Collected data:

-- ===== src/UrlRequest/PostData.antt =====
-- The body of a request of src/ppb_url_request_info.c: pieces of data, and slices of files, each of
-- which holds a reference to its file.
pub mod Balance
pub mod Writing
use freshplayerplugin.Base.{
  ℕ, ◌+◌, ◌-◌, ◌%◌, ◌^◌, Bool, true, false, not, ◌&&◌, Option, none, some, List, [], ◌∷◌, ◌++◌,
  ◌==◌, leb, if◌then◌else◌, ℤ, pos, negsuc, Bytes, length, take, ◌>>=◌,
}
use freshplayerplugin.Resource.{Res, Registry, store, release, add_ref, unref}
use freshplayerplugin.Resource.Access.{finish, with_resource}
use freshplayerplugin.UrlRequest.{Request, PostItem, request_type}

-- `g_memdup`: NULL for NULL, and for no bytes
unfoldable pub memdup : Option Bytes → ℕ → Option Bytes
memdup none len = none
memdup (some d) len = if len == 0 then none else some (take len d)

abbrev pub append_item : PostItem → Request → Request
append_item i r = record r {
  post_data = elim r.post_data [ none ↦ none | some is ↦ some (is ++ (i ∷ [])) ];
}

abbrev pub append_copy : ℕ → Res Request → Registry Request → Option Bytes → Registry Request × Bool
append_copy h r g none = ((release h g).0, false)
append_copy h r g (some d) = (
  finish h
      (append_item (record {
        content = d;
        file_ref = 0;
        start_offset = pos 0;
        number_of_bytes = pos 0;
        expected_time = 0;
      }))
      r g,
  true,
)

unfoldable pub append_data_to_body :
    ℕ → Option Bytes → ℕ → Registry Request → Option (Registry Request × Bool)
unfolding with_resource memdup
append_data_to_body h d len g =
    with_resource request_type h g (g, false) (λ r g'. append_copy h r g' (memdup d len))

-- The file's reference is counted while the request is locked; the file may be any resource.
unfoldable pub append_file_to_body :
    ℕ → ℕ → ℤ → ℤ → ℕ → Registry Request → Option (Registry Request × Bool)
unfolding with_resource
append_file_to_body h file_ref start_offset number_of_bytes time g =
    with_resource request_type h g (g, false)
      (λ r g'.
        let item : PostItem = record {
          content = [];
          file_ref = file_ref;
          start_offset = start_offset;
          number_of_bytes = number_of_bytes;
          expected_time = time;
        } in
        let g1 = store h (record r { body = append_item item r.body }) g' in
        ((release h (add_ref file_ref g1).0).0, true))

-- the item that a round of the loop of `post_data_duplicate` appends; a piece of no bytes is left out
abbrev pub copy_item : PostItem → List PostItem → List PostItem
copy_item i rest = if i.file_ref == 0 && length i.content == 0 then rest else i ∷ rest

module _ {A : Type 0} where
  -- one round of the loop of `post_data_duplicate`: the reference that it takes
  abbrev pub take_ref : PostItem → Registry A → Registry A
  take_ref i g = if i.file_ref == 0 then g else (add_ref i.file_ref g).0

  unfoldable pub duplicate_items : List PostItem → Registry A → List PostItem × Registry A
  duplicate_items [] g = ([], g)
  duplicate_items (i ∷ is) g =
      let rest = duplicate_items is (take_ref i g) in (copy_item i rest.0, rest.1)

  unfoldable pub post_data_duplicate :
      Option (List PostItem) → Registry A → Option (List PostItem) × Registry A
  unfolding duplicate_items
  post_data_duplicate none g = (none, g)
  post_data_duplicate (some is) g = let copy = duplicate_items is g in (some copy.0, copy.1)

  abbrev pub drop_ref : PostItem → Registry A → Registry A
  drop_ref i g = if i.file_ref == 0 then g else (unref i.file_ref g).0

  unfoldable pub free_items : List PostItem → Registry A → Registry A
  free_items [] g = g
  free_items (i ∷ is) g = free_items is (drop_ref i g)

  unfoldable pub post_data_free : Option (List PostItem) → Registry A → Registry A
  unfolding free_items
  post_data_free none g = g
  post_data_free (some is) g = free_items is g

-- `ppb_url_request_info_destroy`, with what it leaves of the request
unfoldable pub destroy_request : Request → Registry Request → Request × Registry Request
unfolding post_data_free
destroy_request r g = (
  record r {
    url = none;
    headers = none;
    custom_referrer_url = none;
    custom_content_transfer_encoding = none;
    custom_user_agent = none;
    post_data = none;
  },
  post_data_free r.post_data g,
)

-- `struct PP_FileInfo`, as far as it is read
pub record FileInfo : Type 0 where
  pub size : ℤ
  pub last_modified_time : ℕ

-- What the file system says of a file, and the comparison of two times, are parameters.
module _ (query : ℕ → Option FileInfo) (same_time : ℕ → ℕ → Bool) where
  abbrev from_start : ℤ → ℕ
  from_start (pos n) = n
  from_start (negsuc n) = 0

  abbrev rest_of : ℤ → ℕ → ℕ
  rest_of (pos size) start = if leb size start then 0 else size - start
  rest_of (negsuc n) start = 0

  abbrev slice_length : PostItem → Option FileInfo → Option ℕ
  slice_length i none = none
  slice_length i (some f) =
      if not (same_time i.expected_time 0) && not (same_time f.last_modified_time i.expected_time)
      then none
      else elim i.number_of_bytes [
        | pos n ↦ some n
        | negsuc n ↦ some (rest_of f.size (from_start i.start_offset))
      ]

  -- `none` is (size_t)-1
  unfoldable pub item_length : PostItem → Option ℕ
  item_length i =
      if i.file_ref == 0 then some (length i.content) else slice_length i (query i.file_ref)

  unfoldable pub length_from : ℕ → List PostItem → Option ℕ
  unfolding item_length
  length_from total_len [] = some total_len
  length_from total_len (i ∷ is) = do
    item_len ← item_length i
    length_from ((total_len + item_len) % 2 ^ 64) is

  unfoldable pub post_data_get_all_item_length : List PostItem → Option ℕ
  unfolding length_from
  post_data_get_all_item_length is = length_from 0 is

**YOUR INSTRUCTIONS**
Take the data above and return it exactly.

**TASK SOLUTION**
-- ===== src/UrlRequest/PostData.antt =====
-- The body of a request of src/ppb_url_request_info.c: pieces of data, and slices of files, each of
-- which holds a reference to its file.
pub mod Balance
pub mod Writing
use freshplayerplugin.Base.{
  ℕ, ◌+◌, ◌-◌, ◌%◌, ◌^◌, Bool, true, false, not, ◌&&◌, Option, none, some, List, [], ◌∷◌, ◌++◌,
  ◌==◌, leb, if◌then◌else◌, ℤ, pos, negsuc, Bytes, length, take, ◌>>=◌,
}
use freshplayerplugin.Resource.{Res, Registry, store, release, add_ref, unref}
use freshplayerplugin.Resource.Access.{finish, with_resource}
use freshplayerplugin.UrlRequest.{Request, PostItem, request_type}

-- `g_memdup`: NULL for NULL, and for no bytes
unfoldable pub memdup : Option Bytes → ℕ → Option Bytes
memdup none len = none
memdup (some d) len = if len == 0 then none else some (take len d)

abbrev pub append_item : PostItem → Request → Request
append_item i r = record r {
  post_data = elim r.post_data [ none ↦ none | some is ↦ some (is ++ (i ∷ [])) ];
}

abbrev pub append_copy : ℕ → Res Request → Registry Request → Option Bytes → Registry Request × Bool
append_copy h r g none = ((release h g).0, false)
append_copy h r g (some d) = (
  finish h
      (append_item (record {
        content = d;
        file_ref = 0;
        start_offset = pos 0;
        number_of_bytes = pos 0;
        expected_time = 0;
      }))
      r g,
  true,
)

unfoldable pub append_data_to_body :
    ℕ → Option Bytes → ℕ → Registry Request → Option (Registry Request × Bool)
unfolding with_resource memdup
append_data_to_body h d len g =
    with_resource request_type h g (g, false) (λ r g'. append_copy h r g' (memdup d len))

-- The file's reference is counted while the request is locked; the file may be any resource.
unfoldable pub append_file_to_body :
    ℕ → ℕ → ℤ → ℤ → ℕ → Registry Request → Option (Registry Request × Bool)
unfolding with_resource
append_file_to_body h file_ref start_offset number_of_bytes time g =
    with_resource request_type h g (g, false)
      (λ r g'.
        let item : PostItem = record {
          content = [];
          file_ref = file_ref;
          start_offset = start_offset;
          number_of_bytes = number_of_bytes;
          expected_time = time;
        } in
        let g1 = store h (record r { body = append_item item r.body }) g' in
        ((release h (add_ref file_ref g1).0).0, true))

-- the item that a round of the loop of `post_data_duplicate` appends; a piece of no bytes is left out
abbrev pub copy_item : PostItem → List PostItem → List PostItem
copy_item i rest = if i.file_ref == 0 && length i.content == 0 then rest else i ∷ rest

module _ {A : Type 0} where
  -- one round of the loop of `post_data_duplicate`: the reference that it takes
  abbrev pub take_ref : PostItem → Registry A → Registry A
  take_ref i g = if i.file_ref == 0 then g else (add_ref i.file_ref g).0

  unfoldable pub duplicate_items : List PostItem → Registry A → List PostItem × Registry A
  duplicate_items [] g = ([], g)
  duplicate_items (i ∷ is) g =
      let rest = duplicate_items is (take_ref i g) in (copy_item i rest.0, rest.1)

  unfoldable pub post_data_duplicate :
      Option (List PostItem) → Registry A → Option (List PostItem) × Registry A
  unfolding duplicate_items
  post_data_duplicate none g = (none, g)
  post_data_duplicate (some is) g = let copy = duplicate_items is g in (some copy.0, copy.1)

  abbrev pub drop_ref : PostItem → Registry A → Registry A
  drop_ref i g = if i.file_ref == 0 then g else (unref i.file_ref g).0

  unfoldable pub free_items : List PostItem → Registry A → Registry A
  free_items [] g = g
  free_items (i ∷ is) g = free_items is (drop_ref i g)

  unfoldable pub post_data_free : Option (List PostItem) → Registry A → Registry A
  unfolding free_items
  post_data_free none g = g
  post_data_free (some is) g = free_items is g

-- `ppb_url_request_info_destroy`, with what it leaves of the request
unfoldable pub destroy_request : Request → Registry Request → Request × Registry Request
unfolding post_data_free
destroy_request r g = (
  record r {
    url = none;
    headers = none;
    custom_referrer_url = none;
    custom_content_transfer_encoding = none;
    custom_user_agent = none;
    post_data = none;
  },
  post_data_free r.post_data g,
)

-- `struct PP_FileInfo`, as far as it is read
pub record FileInfo : Type 0 where
  pub size : ℤ
  pub last_modified_time : ℕ

-- What the file system says of a file, and the comparison of two times, are parameters.
module _ (query : ℕ → Option FileInfo) (same_time : ℕ → ℕ → Bool) where
  abbrev from_start : ℤ → ℕ
  from_start (pos n) = n
  from_start (negsuc n) = 0

  abbrev rest_of : ℤ → ℕ → ℕ
  rest_of (pos size) start = if leb size start then 0 else size - start
  rest_of (negsuc n) start = 0

  abbrev slice_length : PostItem → Option FileInfo → Option ℕ
  slice_length i none = none
  slice_length i (some f) =
      if not (same_time i.expected_time 0) && not (same_time f.last_modified_time i.expected_time)
      then none
      else elim i.number_of_bytes [
        | pos n ↦ some n
        | negsuc n ↦ some (rest_of f.size (from_start i.start_offset))
      ]

  -- `none` is (size_t)-1
  unfoldable pub item_length : PostItem → Option ℕ
  item_length i =
      if i.file_ref == 0 then some (length i.content) else slice_length i (query i.file_ref)

  unfoldable pub length_from : ℕ → List PostItem → Option ℕ
  unfolding item_length
  length_from total_len [] = some total_len
  length_from total_len (i ∷ is) = do
    item_len ← item_length i
    length_from ((total_len + item_len) % 2 ^ 64) is

  unfoldable pub post_data_get_all_item_length : List PostItem → Option ℕ
  unfolding length_from
  post_data_get_all_item_length is = length_from 0 is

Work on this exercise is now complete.